= Exercise objective =
Exactly the lines below from the one with "settled ← settle" up to and including the one with "unfoldable pub conclude" make up the answer, with nothing else added.

= Collected data entries =
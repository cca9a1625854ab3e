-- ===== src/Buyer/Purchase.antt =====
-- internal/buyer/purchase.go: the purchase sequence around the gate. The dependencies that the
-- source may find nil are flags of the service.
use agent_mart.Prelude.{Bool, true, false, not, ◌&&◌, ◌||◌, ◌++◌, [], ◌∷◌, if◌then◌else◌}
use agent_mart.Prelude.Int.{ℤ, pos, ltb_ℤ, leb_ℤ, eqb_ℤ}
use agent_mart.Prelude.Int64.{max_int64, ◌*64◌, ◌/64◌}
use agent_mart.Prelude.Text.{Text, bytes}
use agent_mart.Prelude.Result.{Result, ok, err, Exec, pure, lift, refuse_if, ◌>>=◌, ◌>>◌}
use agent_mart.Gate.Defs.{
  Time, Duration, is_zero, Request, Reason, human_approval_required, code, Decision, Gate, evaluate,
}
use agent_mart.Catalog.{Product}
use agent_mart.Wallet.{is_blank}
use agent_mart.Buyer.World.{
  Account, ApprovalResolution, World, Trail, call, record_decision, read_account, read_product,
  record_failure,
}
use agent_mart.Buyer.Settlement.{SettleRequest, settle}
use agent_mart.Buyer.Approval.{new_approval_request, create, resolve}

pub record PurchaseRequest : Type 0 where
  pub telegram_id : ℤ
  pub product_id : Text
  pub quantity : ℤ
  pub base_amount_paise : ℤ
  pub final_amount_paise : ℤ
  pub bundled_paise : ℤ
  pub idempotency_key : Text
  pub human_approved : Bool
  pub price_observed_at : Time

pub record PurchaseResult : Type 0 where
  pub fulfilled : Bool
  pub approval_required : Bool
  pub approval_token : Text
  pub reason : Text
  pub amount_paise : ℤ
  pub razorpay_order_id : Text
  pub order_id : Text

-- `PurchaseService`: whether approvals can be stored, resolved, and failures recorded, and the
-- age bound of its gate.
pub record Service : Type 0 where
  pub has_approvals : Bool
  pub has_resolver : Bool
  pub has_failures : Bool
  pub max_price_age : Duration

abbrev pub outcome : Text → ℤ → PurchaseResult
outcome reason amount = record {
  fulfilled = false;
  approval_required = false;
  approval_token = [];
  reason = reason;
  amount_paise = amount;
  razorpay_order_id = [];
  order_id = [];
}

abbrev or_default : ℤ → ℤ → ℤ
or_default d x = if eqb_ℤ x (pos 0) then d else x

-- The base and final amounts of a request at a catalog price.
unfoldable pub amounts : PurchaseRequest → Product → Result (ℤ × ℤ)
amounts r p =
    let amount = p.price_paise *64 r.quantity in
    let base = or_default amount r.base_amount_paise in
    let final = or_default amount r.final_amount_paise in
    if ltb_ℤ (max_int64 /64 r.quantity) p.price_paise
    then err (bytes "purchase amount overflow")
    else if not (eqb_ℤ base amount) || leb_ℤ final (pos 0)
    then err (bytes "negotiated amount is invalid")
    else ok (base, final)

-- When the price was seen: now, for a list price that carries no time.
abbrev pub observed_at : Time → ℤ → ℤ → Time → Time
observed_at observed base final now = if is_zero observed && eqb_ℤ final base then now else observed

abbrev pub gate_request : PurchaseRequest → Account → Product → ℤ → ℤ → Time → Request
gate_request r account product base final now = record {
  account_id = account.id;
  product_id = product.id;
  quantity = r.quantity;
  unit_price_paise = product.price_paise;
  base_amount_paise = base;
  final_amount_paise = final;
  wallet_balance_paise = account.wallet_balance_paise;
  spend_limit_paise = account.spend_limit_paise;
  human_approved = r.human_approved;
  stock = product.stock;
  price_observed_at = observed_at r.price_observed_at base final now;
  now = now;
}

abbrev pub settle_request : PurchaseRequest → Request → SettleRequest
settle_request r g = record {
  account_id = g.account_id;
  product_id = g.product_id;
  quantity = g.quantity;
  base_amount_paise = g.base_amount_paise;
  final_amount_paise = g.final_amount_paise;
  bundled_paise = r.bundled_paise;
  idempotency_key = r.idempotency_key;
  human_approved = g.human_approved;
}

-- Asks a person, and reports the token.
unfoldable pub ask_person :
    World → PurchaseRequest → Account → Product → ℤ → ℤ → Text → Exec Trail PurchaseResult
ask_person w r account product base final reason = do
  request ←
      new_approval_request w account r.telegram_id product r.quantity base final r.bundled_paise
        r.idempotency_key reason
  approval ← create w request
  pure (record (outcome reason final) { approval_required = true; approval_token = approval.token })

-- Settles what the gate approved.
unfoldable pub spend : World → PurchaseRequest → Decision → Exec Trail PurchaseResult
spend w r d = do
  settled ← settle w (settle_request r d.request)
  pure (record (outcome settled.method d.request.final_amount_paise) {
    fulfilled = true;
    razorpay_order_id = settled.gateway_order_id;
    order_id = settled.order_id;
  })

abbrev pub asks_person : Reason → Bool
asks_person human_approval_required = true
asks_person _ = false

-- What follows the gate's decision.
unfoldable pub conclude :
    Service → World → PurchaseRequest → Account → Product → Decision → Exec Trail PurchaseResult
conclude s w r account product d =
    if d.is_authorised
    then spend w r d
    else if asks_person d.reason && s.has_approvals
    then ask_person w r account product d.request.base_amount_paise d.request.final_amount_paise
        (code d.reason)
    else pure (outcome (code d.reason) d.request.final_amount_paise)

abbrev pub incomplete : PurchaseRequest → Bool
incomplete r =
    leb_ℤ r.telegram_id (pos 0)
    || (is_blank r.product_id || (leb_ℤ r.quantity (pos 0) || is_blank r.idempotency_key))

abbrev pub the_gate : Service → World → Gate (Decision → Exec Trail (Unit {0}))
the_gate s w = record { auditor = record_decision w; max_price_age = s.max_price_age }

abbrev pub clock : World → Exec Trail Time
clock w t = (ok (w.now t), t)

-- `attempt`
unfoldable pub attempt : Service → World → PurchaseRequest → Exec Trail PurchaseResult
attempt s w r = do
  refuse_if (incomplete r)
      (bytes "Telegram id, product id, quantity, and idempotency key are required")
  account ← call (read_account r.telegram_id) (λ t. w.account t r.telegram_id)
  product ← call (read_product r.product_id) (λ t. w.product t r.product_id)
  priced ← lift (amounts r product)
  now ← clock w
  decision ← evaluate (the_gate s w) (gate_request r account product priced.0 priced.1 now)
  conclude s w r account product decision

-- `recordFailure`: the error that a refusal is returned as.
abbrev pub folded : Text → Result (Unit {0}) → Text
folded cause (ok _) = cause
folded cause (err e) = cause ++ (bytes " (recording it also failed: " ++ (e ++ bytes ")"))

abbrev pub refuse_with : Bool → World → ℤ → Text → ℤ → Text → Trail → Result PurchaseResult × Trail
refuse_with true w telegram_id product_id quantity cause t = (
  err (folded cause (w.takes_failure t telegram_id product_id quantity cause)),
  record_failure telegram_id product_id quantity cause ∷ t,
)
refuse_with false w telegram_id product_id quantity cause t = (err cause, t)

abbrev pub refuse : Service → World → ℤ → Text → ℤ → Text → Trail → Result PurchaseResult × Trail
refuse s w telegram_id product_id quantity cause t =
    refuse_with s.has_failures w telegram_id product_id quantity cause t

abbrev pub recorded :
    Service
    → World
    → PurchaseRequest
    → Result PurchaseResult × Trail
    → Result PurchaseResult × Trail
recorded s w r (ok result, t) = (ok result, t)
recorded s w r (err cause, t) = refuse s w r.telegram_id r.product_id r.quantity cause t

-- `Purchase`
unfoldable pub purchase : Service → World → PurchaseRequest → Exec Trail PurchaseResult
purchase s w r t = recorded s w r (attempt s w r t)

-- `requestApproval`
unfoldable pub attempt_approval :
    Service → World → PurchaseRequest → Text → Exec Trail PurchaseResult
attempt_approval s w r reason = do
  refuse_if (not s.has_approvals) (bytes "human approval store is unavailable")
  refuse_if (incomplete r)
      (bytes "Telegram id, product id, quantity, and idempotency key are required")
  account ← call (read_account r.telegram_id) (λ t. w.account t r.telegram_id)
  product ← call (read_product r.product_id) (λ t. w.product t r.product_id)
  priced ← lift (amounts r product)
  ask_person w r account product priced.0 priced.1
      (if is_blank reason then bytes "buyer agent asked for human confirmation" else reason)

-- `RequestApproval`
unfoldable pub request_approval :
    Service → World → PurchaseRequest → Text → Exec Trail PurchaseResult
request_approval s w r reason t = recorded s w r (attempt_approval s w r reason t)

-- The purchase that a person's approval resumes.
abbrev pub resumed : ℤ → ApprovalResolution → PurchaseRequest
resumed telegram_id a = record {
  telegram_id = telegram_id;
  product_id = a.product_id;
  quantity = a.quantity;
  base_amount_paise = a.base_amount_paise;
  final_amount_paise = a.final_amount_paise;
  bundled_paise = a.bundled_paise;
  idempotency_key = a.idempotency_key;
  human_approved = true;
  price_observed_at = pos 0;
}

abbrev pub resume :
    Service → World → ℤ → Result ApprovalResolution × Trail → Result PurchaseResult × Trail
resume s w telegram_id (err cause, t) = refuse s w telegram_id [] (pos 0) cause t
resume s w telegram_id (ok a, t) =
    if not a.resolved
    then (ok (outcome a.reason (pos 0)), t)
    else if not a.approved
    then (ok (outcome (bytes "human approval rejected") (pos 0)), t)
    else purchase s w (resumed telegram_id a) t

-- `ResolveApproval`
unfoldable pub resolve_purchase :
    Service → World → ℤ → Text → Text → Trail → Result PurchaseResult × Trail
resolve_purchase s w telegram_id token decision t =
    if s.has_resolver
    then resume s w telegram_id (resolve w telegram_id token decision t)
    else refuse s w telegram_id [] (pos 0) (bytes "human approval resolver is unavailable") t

= Response area =
  settled ← settle w (settle_request r d.request)
  pure (record (outcome settled.method d.request.final_amount_paise) {
    fulfilled = true;
    razorpay_order_id = settled.gateway_order_id;
    order_id = settled.order_id;
  })

abbrev pub asks_person : Reason → Bool
asks_person human_approval_required = true
asks_person _ = false

-- What follows the gate's decision.
unfoldable pub conclude :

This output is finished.